[Records from a data collection]

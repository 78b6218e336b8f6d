-- ===== src/Prelude/Results.antt =====
-- Code that throws: a value or an error, with the binds of a `do` block.
use mathlib.Core.Path.{◌≡◌, refl}
use mathlib.Core.Logic.{◌⊎◌, inl, inr}
use mathlib.Core.Bool.{Bool, true, false}
use native.Mathlib.Omega.{arith}
use wall_e_campus_assistant.Prelude.Tests.{if◌then◌else◌}

pub data Result {ℓ κ} (E : Type κ) (A : Type ℓ) : Type (ℓ ⊔ κ) where
  ok : A → Result E A
  err : E → Result E A

infixl 5 ◌>>=◌ ◌>>◌
abbrev pub ◌>>=◌ :
    {Error Value Next : Type 0}
    → Result Error Value
    → (Value → Result Error Next)
    → Result Error Next
err failure >>= next = err failure
ok value >>= next = next value

-- `if (test) throw e`
abbrev pub throw_if : {E : Type 0} → Bool → E → Result E (Unit {0})
throw_if test e = if test then err e else ok tt

abbrev pub ◌>>◌ :
    {Error Next : Type 0} → Result Error (Unit {0}) → Result Error Next → Result Error Next
err failure >> next = err failure
ok done >> next = next

pub Result-cases :
    {E A : Type 0} (m : Result E A) → ((a : A) × (m ≡ ok a)) ⊎ ((e : E) × (m ≡ err e))
Result-cases (ok a) = inl (a, refl)
Result-cases (err e) = inr (e, refl)

-- A property of both branches of a conditional.
pub if_elim {ℓ κ} :
    {A : Type ℓ} (P : A → Type κ) (b : Bool) (x y : A) → P x → P y → P (if b then x else y)
if_elim P true x y p q = p
if_elim P false x y p q = q

-- What a chain that succeeds has gone through.
pub >>=-ok :
    {E A B : Type 0} (m : Result E A) (next : A → Result E B) {b : B}
    → (m >>= next) ≡ ok b
    → (a : A) × (m ≡ ok a) × (next a ≡ ok b)
>>=-ok (ok a) next h = (a, refl, h)
>>=-ok (err e) next h = absurd (ground arith)

pub >>-ok :
    {E B : Type 0} (m : Result E (Unit {0})) (next : Result E B) {b : B}
    → (m >> next) ≡ ok b
    → (m ≡ ok tt) × (next ≡ ok b)
>>-ok (ok tt) next h = (refl, h)
>>-ok (err e) next h = absurd (ground arith)

pub throw_if-ok : {E : Type 0} (test : Bool) (e : E) → throw_if test e ≡ ok tt → test ≡ false
throw_if-ok test e h = ground arith
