-- ===== src/Prelude/Members.antt =====
-- Membership in mapped, joined and tested lists.
use Prim.Native.Nat.{ℕ}
use mathlib.Core.Path.{◌≡◌, refl, sym, ◌∙◌, ap, subst}
use mathlib.Core.Logic.{◌⊎◌, inl, inr, ◌↔◌}
use mathlib.Core.Bool.{Bool, true, false, false≢true}
use mathlib.Core.Option.{none, some}
use mathlib.Core.List.{List, [], ◌∷◌, ◌++◌, map}
use native.Mathlib.Omega.{arith}
use wall_e_campus_assistant.Prelude.Tests.{Bool-cases, ◌==◌}
use wall_e_campus_assistant.Prelude.Lists.{◌∈◌, any, find}

pub ∈-append : {A : Type 0} (x : A) (xs ys : List A) → (x ∈ (xs ++ ys)) ↔ ((x ∈ xs) ⊎ (x ∈ ys))
∈-append x [] ys = (λ m. inr m, λ m. elim m [ inl e ↦ absurd e | inr k ↦ k ])
∈-append x (y ∷ xs) ys =
    let ih = ∈-append x xs ys in
    (
      λ m. elim m [
        | inl e ↦ inl (inl e)
        | inr k ↦ elim (ih.0 k) [ inl a ↦ inl (inr a) | inr b ↦ inr b ]
      ],
      λ m. elim m [
        | inl k ↦ elim k [ inl e ↦ inl e | inr a ↦ inr (ih.1 (inl a)) ]
        | inr b ↦ inr (ih.1 (inr b))
      ],
    )

pub ∈-map_iff :
    {A B : Type 0} (f : A → B) (y : B) (xs : List A)
    → (y ∈ map f xs) ↔ ((x : A) × (x ∈ xs) × (y ≡ f x))
∈-map_iff f y [] = (λ m. absurd m, λ (x, m, e). absurd m)
∈-map_iff f y (x ∷ xs) =
    let ih = ∈-map_iff f y xs in
    (
      λ m. elim m [
        | inl e ↦ (x, inl refl, e)
        | inr k ↦ let (x', m', e') = ih.0 k in (x', inr m', e')
      ],
      λ (x', m, e). elim m [ inl q ↦ inl (e ∙ ap f q) | inr k ↦ inr (ih.1 (x', k, e)) ],
    )

pub any_iff :
    {A : Type 0} (test : A → Bool) (xs : List A)
    → (any test xs ≡ true) ↔ ((x : A) × (x ∈ xs) × (test x ≡ true))
any_iff test [] = (λ h. absurd (false≢true h), λ (x, m, t). absurd m)
any_iff test (x ∷ xs) =
    let ih = any_iff test xs in
    elim (Bool-cases (test x)) [
      | inl e ↦ rw e (λ _. (x, inl refl, e), λ _. refl)
      | inr e ↦ rw e (
        λ h. let (x', m, t) = ih.0 h in (x', inr m, t),
        λ (x', m, t). elim m [
          | inl q ↦ absurd (false≢true (sym e ∙ ap test (sym q) ∙ t))
          | inr k ↦ ih.1 (x', k, t)
        ],
      )
    ]

pub any-false :
    {A : Type 0} (test : A → Bool) (xs : List A) {x : A}
    → any test xs ≡ false
    → x ∈ xs
    → test x ≡ false
any-false test xs {x} h m = elim (Bool-cases (test x)) [
  | inl e ↦ absurd (false≢true (sym h ∙ (any_iff test xs).1 (x, m, e)))
  | inr e ↦ e
]

-- The set of ids `new Set(ids).has(x)`.
pub any-==_iff : (x : ℕ) (xs : List ℕ) → (any (λ y. y == x) xs ≡ true) ↔ (x ∈ xs)
any-==_iff x [] = (λ h. absurd (false≢true h), λ m. absurd m)
any-==_iff x (y ∷ xs) = ground (arith, any-==_iff x xs)

pub find_sound :
    {A : Type 0} (test : A → Bool) (xs : List A) {x : A}
    → find test xs ≡ some x
    → (x ∈ xs) × (test x ≡ true)
find_sound test (y ∷ xs) {x} h = elim (Bool-cases (test y)) [
  | inl e ↦ let q : y ≡ x = ground arith in (inl (sym q), subst (λ z. test z ≡ true) q e)
  | inr e ↦ let (m, t) = find_sound test xs (rw e at h) in (inr m, t)
]
find_sound test [] h = absurd (ground arith)

pub find-none :
    {A : Type 0} (test : A → Bool) (xs : List A) {x : A}
    → find test xs ≡ none
    → x ∈ xs
    → test x ≡ false
find-none test (y ∷ xs) {x} h m = elim (Bool-cases (test y)) [
  | inl e ↦ absurd (ground arith)
  | inr e ↦ elim m [
    | inl q ↦ subst (λ z. test z ≡ false) (sym q) e
    | inr k ↦ find-none test xs (rw e at h) k
  ]
]
find-none test [] h m = absurd m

(TASK DIRECTIONS) From the records above, copy each line where the word "then" can be found.

(FINISHED TASK)
use wall_e_campus_assistant.Prelude.Tests.{if◌then◌else◌}
throw_if test e = if test then err e else ok tt
    {A : Type ℓ} (P : A → Type κ) (b : Bool) (x y : A) → P x → P y → P (if b then x else y)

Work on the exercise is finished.